(Instructions to follow)
No record may be left out; print them all verbatim.

□ □ □ □ □ □ □

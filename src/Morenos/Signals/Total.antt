-- ===== src/Morenos/Signals/Total.antt =====
-- What `create_scan_pair` makes: the shape of the pair.
use radar_software.Prelude.{
  ℕ, ◌+◌, ◌%◌, ◌≤◌, ◌<◌, ◌≡◌, refl, ◌⊎◌, inl, inr, none, some, arith, ltb, if◌then◌else◌,
  Bool-cases, ◌==◌, ltb-false→le, ◌||◌, mul32, u32_mod, Returns,
}
use radar_software.Double.{Double}
use radar_software.Morenos.Settings.{duty_factor, frequency_factor}
use radar_software.Morenos.Utility.{multiples_of32, multiples_of_least}
use radar_software.Morenos.ScanPair.{
  ScanPair, transmit_time, empty_pair, new_scan_pair, set_receive, set_transmit, place_receive,
  set_receive_time, range_delay,
}
use radar_software.Morenos.Signals.{
  SignalType, sots15, SignalParams, signal_tbl, pulse_train_length, create_scan_pair,
}

-- The least power of two that is not below the given number, up to 16.
abbrev pub train_size : ℕ → ℕ
train_size wanted =
    if ltb 8 wanted
    then 16
    else if ltb 4 wanted
    then 8
    else if ltb 2 wanted
    then 4
    else if ltb 1 wanted
    then 2
    else 1

pub new_scan_pair_lem :
    (wanted : ℕ)
    → new_scan_pair wanted ≡ (if ltb 16 wanted then none else some (empty_pair (train_size wanted)))
unfolding new_scan_pair
new_scan_pair_lem wanted = ground arith

pub signal_tbl_pulses : (code : SignalType) → (signal_tbl code).pulse_number_high ≤ 16
unfolding signal_tbl
signal_tbl_pulses sots15 = omega arith
signal_tbl_pulses _ = omega arith

-- What every scan pair has: up to 16 pulses, the first at once, the receive windows as the pulses, the
-- receive time a multiple of the frequency factor and, in a train, not before the end of the pulses.
pub record IsPair (s : ScanPair) : Type 0 where
  pub some_pulse : 1 ≤ s.size
  pub few_pulses : s.size ≤ 16
  pub first_at_once : (s.transmit 0).offset_time ≡ 0
  pub mirrored : (i : ℕ) → s.receive i ≡ s.transmit i
  pub time_multiple : s.receive_time % frequency_factor ≡ 0
  pub after_train :
      (s.receive_time ≡ 0) ⊎ (s.size ≡ 1) ⊎ (transmit_time s.transmit s.size 0 0 ≤ s.receive_time)

empty_pair-IsPair : IsPair (empty_pair 1)
empty_pair-IsPair = record {
  some_pulse = omega arith;
  few_pulses = omega arith;
  first_at_once = refl;
  mirrored = λ i. refl;
  time_multiple = refl;
  after_train = inl refl;
}

place_receive-IsPair :
    (s : ScanPair) (delay : ℕ)
    → delay + frequency_factor < u32_mod
    → s.receive_time ≡ 0
    → IsPair s
    → IsPair (place_receive s delay)
unfolding place_receive
place_receive-IsPair s delay h z v = elim (Bool-cases ((s.transmit 0).length == 0)) [
  | inl e ↦ rw e v
  | inr e ↦ rw e (elim (Bool-cases (ltb 1 s.size)) [
    | inl train ↦ rw train (elim (Bool-cases (ltb delay (transmit_time s.transmit s.size 0 0))) [
      | inl late ↦ rw late v
      | inr fits ↦ rw fits (placed (inr (inr (omega (arith, least, ltb-false→le _ _ fits)))))
    ])
    | inr single ↦
        rw single (placed (inr (inl (omega (arith, ltb-false→le _ _ single, v.some_pulse)))))
  ])
]
  where
    least :
        (multiples_of32 delay frequency_factor % frequency_factor ≡ 0)
        × (delay ≤ multiples_of32 delay frequency_factor)
        × (multiples_of32 delay frequency_factor < delay + frequency_factor)
    least = multiples_of_least u32_mod delay frequency_factor (omega arith) h

    placed :
        (multiples_of32 delay frequency_factor ≡ 0)
          ⊎ (s.size ≡ 1)
          ⊎ (transmit_time s.transmit s.size 0 0 ≤ multiples_of32 delay frequency_factor)
        → IsPair (record s { receive_time = multiples_of32 delay frequency_factor })
    placed after = record {
      some_pulse = v.some_pulse;
      few_pulses = v.few_pulses;
      first_at_once = v.first_at_once;
      mirrored = v.mirrored;
      time_multiple = least.0;
      after_train = after;
    }

set_pulses-IsPair :
    (size length period : ℕ)
    → 1 ≤ size
    → size ≤ 16
    → IsPair (set_receive (set_transmit (empty_pair size) length period) length period)
unfolding set_receive set_transmit
set_pulses-IsPair size length period h1 h2 = record {
  some_pulse = h1;
  few_pulses = h2;
  first_at_once = ground arith;
  mirrored = λ i. refl;
  time_multiple = refl;
  after_train = inl refl;
}

pub train_size_bounds : (wanted : ℕ) → (1 ≤ train_size wanted) × (train_size wanted ≤ 16)
train_size_bounds wanted = ground arith

pub new_scan_pair-le :
    (wanted : ℕ) → wanted ≤ 16 → new_scan_pair wanted ≡ some (empty_pair (train_size wanted))
new_scan_pair-le wanted h = ground (arith, new_scan_pair_lem wanted)

-- Every pair that `create_scan_pair` makes is a scan pair, and it throws no exception: for parameters
-- of at most 16 pulses, and a range whose delay is in 32 bits with room for rounding.
pub create_scan_pair-IsPair :
    (double : Double) (signal_params : SignalParams) (tau_nsec : ℕ) (range : double.D)
    → range_delay double range + frequency_factor < u32_mod
    → signal_params.pulse_number_high ≤ 16
    → Returns (create_scan_pair double signal_params tau_nsec range) IsPair
unfolding create_scan_pair set_receive_time set_receive set_transmit
create_scan_pair-IsPair double signal_params tau_nsec range h few =
    elim (Bool-cases (ltb high wanted || ltb wanted signal_params.pulses_number_low)) [
      | inl bad ↦ rw bad (rw (new_scan_pair-le 1 (omega arith)) empty_pair-IsPair)
      | inr good ↦
          rw (good, new_scan_pair-le wanted (ground arith))
            (elim (Bool-cases
              (ltb signal_params.period_high period || ltb period signal_params.period_low)) [
                | inl bad ↦ rw bad (rw (new_scan_pair-le 1 (omega arith)) empty_pair-IsPair)
                | inr fits ↦ rw fits (
                    place_receive-IsPair _ (range_delay double range) h refl (
                      set_pulses-IsPair (train_size wanted) _ _ (train_size_bounds wanted).0
                        (train_size_bounds wanted).1))
              ])
    ]
  where
    wanted : ℕ
    wanted = pulse_train_length tau_nsec

    high : ℕ
    high = signal_params.pulse_number_high

    period : ℕ
    period = mul32 signal_params.duration duty_factor

-- With the parameters of SOTS15, whose period is below its own lower limit, `create_scan_pair`
-- gives for every duration and range the empty pair of a single pulse of no length.
pub sots15_rejected :
    (double : Double) (tau_nsec : ℕ) (range : double.D)
    → create_scan_pair double (signal_tbl sots15) tau_nsec range ≡ some (empty_pair 1)
unfolding create_scan_pair signal_tbl
sots15_rejected double tau_nsec range = elim (Bool-cases (ltb 1 wanted || ltb wanted 1)) [
  | inl bad ↦ rw bad (new_scan_pair-le 1 (omega arith))
  | inr good ↦ rw (good, new_scan_pair-le wanted (ground arith)) (new_scan_pair-le 1 (omega arith))
]
  where
    wanted : ℕ
    wanted = pulse_train_length tau_nsec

□ □ □ □ □ □ □

(Exercise answer)
filename src/Morenos/Signals/Total.antt
-- ===== src/Morenos/Signals/Total.antt =====
-- What `create_scan_pair` makes: the shape of the pair.
use radar_software.Prelude.{
  ℕ, ◌+◌, ◌%◌, ◌≤◌, ◌<◌, ◌≡◌, refl, ◌⊎◌, inl, inr, none, some, arith, ltb, if◌then◌else◌,
  Bool-cases, ◌==◌, ltb-false→le, ◌||◌, mul32, u32_mod, Returns,
}
use radar_software.Double.{Double}
use radar_software.Morenos.Settings.{duty_factor, frequency_factor}
use radar_software.Morenos.Utility.{multiples_of32, multiples_of_least}
use radar_software.Morenos.ScanPair.{
  ScanPair, transmit_time, empty_pair, new_scan_pair, set_receive, set_transmit, place_receive,
  set_receive_time, range_delay,
}
use radar_software.Morenos.Signals.{
  SignalType, sots15, SignalParams, signal_tbl, pulse_train_length, create_scan_pair,
}

-- The least power of two that is not below the given number, up to 16.
abbrev pub train_size : ℕ → ℕ
train_size wanted =
    if ltb 8 wanted
    then 16
    else if ltb 4 wanted
    then 8
    else if ltb 2 wanted
    then 4
    else if ltb 1 wanted
    then 2
    else 1

pub new_scan_pair_lem :
    (wanted : ℕ)
    → new_scan_pair wanted ≡ (if ltb 16 wanted then none else some (empty_pair (train_size wanted)))
unfolding new_scan_pair
new_scan_pair_lem wanted = ground arith

pub signal_tbl_pulses : (code : SignalType) → (signal_tbl code).pulse_number_high ≤ 16
unfolding signal_tbl
signal_tbl_pulses sots15 = omega arith
signal_tbl_pulses _ = omega arith

-- What every scan pair has: up to 16 pulses, the first at once, the receive windows as the pulses, the
-- receive time a multiple of the frequency factor and, in a train, not before the end of the pulses.
pub record IsPair (s : ScanPair) : Type 0 where
  pub some_pulse : 1 ≤ s.size
  pub few_pulses : s.size ≤ 16
  pub first_at_once : (s.transmit 0).offset_time ≡ 0
  pub mirrored : (i : ℕ) → s.receive i ≡ s.transmit i
  pub time_multiple : s.receive_time % frequency_factor ≡ 0
  pub after_train :
      (s.receive_time ≡ 0) ⊎ (s.size ≡ 1) ⊎ (transmit_time s.transmit s.size 0 0 ≤ s.receive_time)

empty_pair-IsPair : IsPair (empty_pair 1)
empty_pair-IsPair = record {
  some_pulse = omega arith;
  few_pulses = omega arith;
  first_at_once = refl;
  mirrored = λ i. refl;
  time_multiple = refl;
  after_train = inl refl;
}

place_receive-IsPair :
    (s : ScanPair) (delay : ℕ)
    → delay + frequency_factor < u32_mod
    → s.receive_time ≡ 0
    → IsPair s
    → IsPair (place_receive s delay)
unfolding place_receive
place_receive-IsPair s delay h z v = elim (Bool-cases ((s.transmit 0).length == 0)) [
  | inl e ↦ rw e v
  | inr e ↦ rw e (elim (Bool-cases (ltb 1 s.size)) [
    | inl train ↦ rw train (elim (Bool-cases (ltb delay (transmit_time s.transmit s.size 0 0))) [
      | inl late ↦ rw late v
      | inr fits ↦ rw fits (placed (inr (inr (omega (arith, least, ltb-false→le _ _ fits)))))
    ])
    | inr single ↦
        rw single (placed (inr (inl (omega (arith, ltb-false→le _ _ single, v.some_pulse)))))
  ])
]
  where
    least :
        (multiples_of32 delay frequency_factor % frequency_factor ≡ 0)
        × (delay ≤ multiples_of32 delay frequency_factor)
        × (multiples_of32 delay frequency_factor < delay + frequency_factor)
    least = multiples_of_least u32_mod delay frequency_factor (omega arith) h

    placed :
        (multiples_of32 delay frequency_factor ≡ 0)
          ⊎ (s.size ≡ 1)
          ⊎ (transmit_time s.transmit s.size 0 0 ≤ multiples_of32 delay frequency_factor)
        → IsPair (record s { receive_time = multiples_of32 delay frequency_factor })
    placed after = record {
      some_pulse = v.some_pulse;
      few_pulses = v.few_pulses;
      first_at_once = v.first_at_once;
      mirrored = v.mirrored;
      time_multiple = least.0;
      after_train = after;
    }

set_pulses-IsPair :
    (size length period : ℕ)
    → 1 ≤ size
    → size ≤ 16
    → IsPair (set_receive (set_transmit (empty_pair size) length period) length period)
unfolding set_receive set_transmit
set_pulses-IsPair size length period h1 h2 = record {
  some_pulse = h1;
  few_pulses = h2;
  first_at_once = ground arith;
  mirrored = λ i. refl;
  time_multiple = refl;
  after_train = inl refl;
}

pub train_size_bounds : (wanted : ℕ) → (1 ≤ train_size wanted) × (train_size wanted ≤ 16)
train_size_bounds wanted = ground arith

pub new_scan_pair-le :
    (wanted : ℕ) → wanted ≤ 16 → new_scan_pair wanted ≡ some (empty_pair (train_size wanted))
new_scan_pair-le wanted h = ground (arith, new_scan_pair_lem wanted)

-- Every pair that `create_scan_pair` makes is a scan pair, and it throws no exception: for parameters
-- of at most 16 pulses, and a range whose delay is in 32 bits with room for rounding.
pub create_scan_pair-IsPair :
    (double : Double) (signal_params : SignalParams) (tau_nsec : ℕ) (range : double.D)
    → range_delay double range + frequency_factor < u32_mod
    → signal_params.pulse_number_high ≤ 16
    → Returns (create_scan_pair double signal_params tau_nsec range) IsPair
unfolding create_scan_pair set_receive_time set_receive set_transmit
create_scan_pair-IsPair double signal_params tau_nsec range h few =
    elim (Bool-cases (ltb high wanted || ltb wanted signal_params.pulses_number_low)) [
      | inl bad ↦ rw bad (rw (new_scan_pair-le 1 (omega arith)) empty_pair-IsPair)
      | inr good ↦
          rw (good, new_scan_pair-le wanted (ground arith))
            (elim (Bool-cases
              (ltb signal_params.period_high period || ltb period signal_params.period_low)) [
                | inl bad ↦ rw bad (rw (new_scan_pair-le 1 (omega arith)) empty_pair-IsPair)
                | inr fits ↦ rw fits (
                    place_receive-IsPair _ (range_delay double range) h refl (
                      set_pulses-IsPair (train_size wanted) _ _ (train_size_bounds wanted).0
                        (train_size_bounds wanted).1))
              ])
    ]
  where
    wanted : ℕ
    wanted = pulse_train_length tau_nsec

    high : ℕ
    high = signal_params.pulse_number_high

    period : ℕ
    period = mul32 signal_params.duration duty_factor

-- With the parameters of SOTS15, whose period is below its own lower limit, `create_scan_pair`
-- gives for every duration and range the empty pair of a single pulse of no length.
pub sots15_rejected :
    (double : Double) (tau_nsec : ℕ) (range : double.D)
    → create_scan_pair double (signal_tbl sots15) tau_nsec range ≡ some (empty_pair 1)
unfolding create_scan_pair signal_tbl
sots15_rejected double tau_nsec range = elim (Bool-cases (ltb 1 wanted || ltb wanted 1)) [
  | inl bad ↦ rw bad (new_scan_pair-le 1 (omega arith))
  | inr good ↦ rw (good, new_scan_pair-le wanted (ground arith)) (new_scan_pair-le 1 (omega arith))
]
  where
    wanted : ℕ
    wanted = pulse_train_length tau_nsec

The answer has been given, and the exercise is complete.